"Elbette, bir yerde, artık, "yanar taş" sadece kömür değildir; büyük insanın tutuşturduğu bütün Dünya ve Dünya' nın yaktığı küçük insandır."
/Yanartaş II. /M.Seyda/
1941 yılının sonlarına doğru asker olarak başlayan Osman'ın (Çeliker/Çilingir), Çaycuma' ya sürgün edilmesiyle beraberinde askerlik yaşantısı, yalnızlığı ve uzaklığı içinde yaşamının yanında II. Dünya Savaşı'nın hızla ilerlemesiyle ülkede alınan tedbirler, kanunlar, vergiler, ihtikârlar ve Avrupa'daki savaşın Stanlingrad' a kadar ilerleyişinin noktalanması ile mektuplar, ajanslar, söylevler birarada yer almıştır.

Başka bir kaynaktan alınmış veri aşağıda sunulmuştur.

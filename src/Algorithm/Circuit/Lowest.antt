-- ===== src/Algorithm/Circuit/Lowest.antt =====
-- Where the tank is lowest.
use learn_note.Prelude.{
  ℕ, ◌+◌, ◌-◌, ◌≤◌, ◌<◌, ◌≡◌, ◌⊎◌, inl, inr, refl, sym, ap, ◌∙◌, subst, Bool, ◌||◌, Bool-cases,
  true, false, List, [], ◌∷◌, ◌++◌, arith, if-true, if-false, length, take, ltb, append-nil, ltb→lt,
  take_all, append_assoc, length-append,
}
use learn_note.Algorithm.Circuit.{Totals, init, pass, drive, beyond_int}
use learn_note.Algorithm.Circuit.Prefix.{take-append}

abbrev pub gas : List (ℕ × ℕ) → ℕ
gas [] = 0
gas ((g, c) ∷ xs) = g + gas xs

abbrev pub cost : List (ℕ × ℕ) → ℕ
cost [] = 0
cost ((g, c) ∷ xs) = c + cost xs

pub gas-append : (xs ys : List (ℕ × ℕ)) → gas (xs ++ ys) ≡ gas xs + gas ys
gas-append [] ys = omega arith
gas-append ((g, c) ∷ xs) ys = omega (arith, gas-append xs ys)

pub cost-append : (xs ys : List (ℕ × ℕ)) → cost (xs ++ ys) ≡ cost xs + cost ys
cost-append [] ys = omega arith
cost-append ((g, c) ∷ xs) ys = omega (arith, cost-append xs ys)

-- The stations behind `done` are `rest`; `t` is as the loop leaves it after `done`.
pub record Inv (done : List (ℕ × ℕ)) (t : Totals) : Type 0 where
  pub gained : t.gained ≡ gas done
  pub spent : t.spent ≡ cost done
  pub start : t.start ≤ length done
  pub min_gained : t.min_gained ≡ gas (take t.start done)
  pub min_spent : t.min_spent ≡ cost (take t.start done)
  pub least :
      (k : ℕ)
      → gas (take t.start done) + cost (take k done) ≤ gas (take k done) + cost (take t.start done)
  pub low : (t.start ≡ 0) ⊎ (gas (take t.start done) < cost (take t.start done))

-- A prefix of what is passed, with one station more.
take-snoc :
    (k : ℕ) (xs : List (ℕ × ℕ)) (p : ℕ × ℕ)
    → ((k ≤ length xs) × (take k (xs ++ p ∷ []) ≡ take k xs))
      ⊎ (take k (xs ++ p ∷ []) ≡ xs ++ p ∷ [])
take-snoc k xs p = elim (Bool-cases (ltb (length xs) k)) [
  | inl more ↦ inr (take_all k (xs ++ p ∷ []) (ground (arith, more, length-append xs (p ∷ []))))
  | inr less ↦
      let none_left : k - length xs ≡ 0 = ground (arith, less) in
      inl (
        ground (arith, less),
        take-append k xs (p ∷ [])
            ∙ ap (λ n. take k xs ++ take n (p ∷ [])) none_left
            ∙ append-nil (take k xs),
      )
]

take-early :
    (k : ℕ) (xs : List (ℕ × ℕ)) (p : ℕ × ℕ) → k ≤ length xs → take k (xs ++ p ∷ []) ≡ take k xs
take-early k xs p h =
    let none_left : k - length xs ≡ 0 = omega arith in
    take-append k xs (p ∷ [])
    ∙ ap (λ n. take k xs ++ take n (p ∷ [])) none_left
    ∙ append-nil (take k xs)

module _ (xs : List (ℕ × ℕ)) (t : Totals) (v : Inv xs t) (g c : ℕ) (o : Bool) where
  new_gas : gas (xs ++ (g, c) ∷ []) ≡ t.gained + g
  new_gas = omega (arith, gas-append xs ((g, c) ∷ []), v.gained)

  new_cost : cost (xs ++ (g, c) ∷ []) ≡ t.spent + c
  new_cost = omega (arith, cost-append xs ((g, c) ∷ []), v.spent)

  -- A new lowest point.
  lower-Inv :
      ltb (t.gained + g + t.min_spent) (t.min_gained + (t.spent + c)) ≡ true
      → Inv (xs ++ (g, c) ∷ []) (record {
        gained = t.gained + g;
        spent = t.spent + c;
        min_gained = t.gained + g;
        min_spent = t.spent + c;
        start = length xs + 1;
        overflow = o;
      })
  lower-Inv less =
      let now = xs ++ (g, c) ∷ [] in
      let all : take (length xs + 1) now ≡ now =
        take_all (length xs + 1) now (omega (arith, length-append xs ((g, c) ∷ []))) in
      let drop_low = ltb→lt _ _ less in
      record {
        gained = sym new_gas;
        spent = sym new_cost;
        start = omega (arith, length-append xs ((g, c) ∷ []));
        min_gained = sym (ap gas all ∙ new_gas);
        min_spent = sym (ap cost all ∙ new_cost);
        least = λ k. elim (take-snoc k xs (g, c)) [
          | inl (h, e) ↦ omega (
            arith,
            ap gas all,
            ap cost all,
            new_gas,
            new_cost,
            drop_low,
            v.min_gained,
            v.min_spent,
            v.least k,
            ap gas e,
            ap cost e,
          )
          | inr e ↦ omega (arith, ap gas all, ap cost all, ap gas e, ap cost e)
        ];
        low = inr (elim v.low [
          | inl z ↦ omega (
            arith,
            ap gas all,
            ap cost all,
            new_gas,
            new_cost,
            drop_low,
            v.min_gained,
            v.min_spent,
            ap (λ i. gas (take i xs)) z,
            ap (λ i. cost (take i xs)) z,
          )
          | inr l ↦ omega (
            arith,
            ap gas all,
            ap cost all,
            new_gas,
            new_cost,
            drop_low,
            v.min_gained,
            v.min_spent,
            l,
          )
        ]);
      }

  -- The lowest point stays.
  same-Inv :
      ltb (t.gained + g + t.min_spent) (t.min_gained + (t.spent + c)) ≡ false
      → Inv
          (xs ++ (g, c) ∷ [])
          (record t { gained = t.gained + g; spent = t.spent + c; overflow = o })
  same-Inv more =
      let front = take-early t.start xs (g, c) v.start in
      let above : t.min_gained + (t.spent + c) ≤ t.gained + g + t.min_spent =
        ground (arith, more) in
      record {
        gained = sym new_gas;
        spent = sym new_cost;
        start = omega (arith, v.start, length-append xs ((g, c) ∷ []));
        min_gained = v.min_gained ∙ sym (ap gas front);
        min_spent = v.min_spent ∙ sym (ap cost front);
        least = λ k. elim (take-snoc k xs (g, c)) [
          | inl (h, e) ↦ omega (arith, ap gas front, ap cost front, v.least k, ap gas e, ap cost e)
          | inr e ↦ omega (
            arith,
            ap gas front,
            ap cost front,
            ap gas e,
            ap cost e,
            new_gas,
            new_cost,
            above,
            v.min_gained,
            v.min_spent,
          )
        ];
        low = elim v.low [
          | inl z ↦ inl z
          | inr l ↦ inr (omega (arith, ap gas front, ap cost front, l))
        ];
      }

pass-Inv :
    (xs : List (ℕ × ℕ)) (t : Totals) (i g c : ℕ)
    → i ≡ length xs
    → Inv xs t
    → Inv (xs ++ (g, c) ∷ []) (pass i g c t)
unfolding pass
pass-Inv xs t i g c e v =
    elim (Bool-cases (ltb (t.gained + g + t.min_spent) (t.min_gained + (t.spent + c)))) [
      | inl less ↦ subst (Inv (xs ++ (g, c) ∷ [])) (sym (if-true _ _ less)) (
          subst
            (λ n. Inv (xs ++ (g, c) ∷ []) (record {
              gained = t.gained + g;
              spent = t.spent + c;
              min_gained = t.gained + g;
              min_spent = t.spent + c;
              start = n + 1;
              overflow = t.overflow || beyond_int g c || beyond_int (t.gained + g) (t.spent + c);
            }))
            (sym e) (lower-Inv xs t v g c _ less))
      | inr more ↦
          subst (Inv (xs ++ (g, c) ∷ [])) (sym (if-false _ _ more)) (same-Inv xs t v g c _ more)
    ]

pub drive-Inv :
    (i : ℕ) (xs stations : List (ℕ × ℕ)) (t : Totals)
    → i ≡ length xs
    → Inv xs t
    → Inv (xs ++ stations) (drive i stations t)
unfolding drive
drive-Inv i xs [] t e v = subst (λ l. Inv l t) (sym (append-nil xs)) v
drive-Inv i xs ((g, c) ∷ stations) t e v =
    subst (λ l. Inv l (drive (i + 1) stations (pass i g c t)))
      (append_assoc xs ((g, c) ∷ []) stations)
      (drive-Inv (i + 1) (xs ++ (g, c) ∷ []) stations (pass i g c t)
        (omega (arith, e, length-append xs ((g, c) ∷ []))) (pass-Inv xs t i g c e v))

pub init-Inv : Inv [] init
unfolding init
init-Inv = record {
  gained = refl;
  spent = refl;
  start = omega arith;
  min_gained = refl;
  min_spent = refl;
  least = λ k. ground (arith, take_all {A = ℕ × ℕ} k [] (omega arith));
  low = inl refl;
}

Olayların akışı yine tarihsel çizgide not düşürülerek yazıya geçirilmiştir. Kitapta geçtiği gibi:
"Oysa ben unuturum, unutur giderim. Yazarsam sanki bir şey olacakmış gibi, içimden:
(DUR BEN BUNUN ROMANINI YAZAYIM DA..)
Bu söz, romanın tarihî gerçeklik vurgusudur. Bütün olaylar ve kişiler Osman'ın dışında gibi görünse de geride bıraktığı kendisidir, yaşamından uzaklığıdır. Yaşayamadıklarıdır. Osman'ın Çaycuma da başladığı yılları bir tükeniş ve yalnızlıkla geçen "teslimiyettir" artık..
İyi okumalar dilerim..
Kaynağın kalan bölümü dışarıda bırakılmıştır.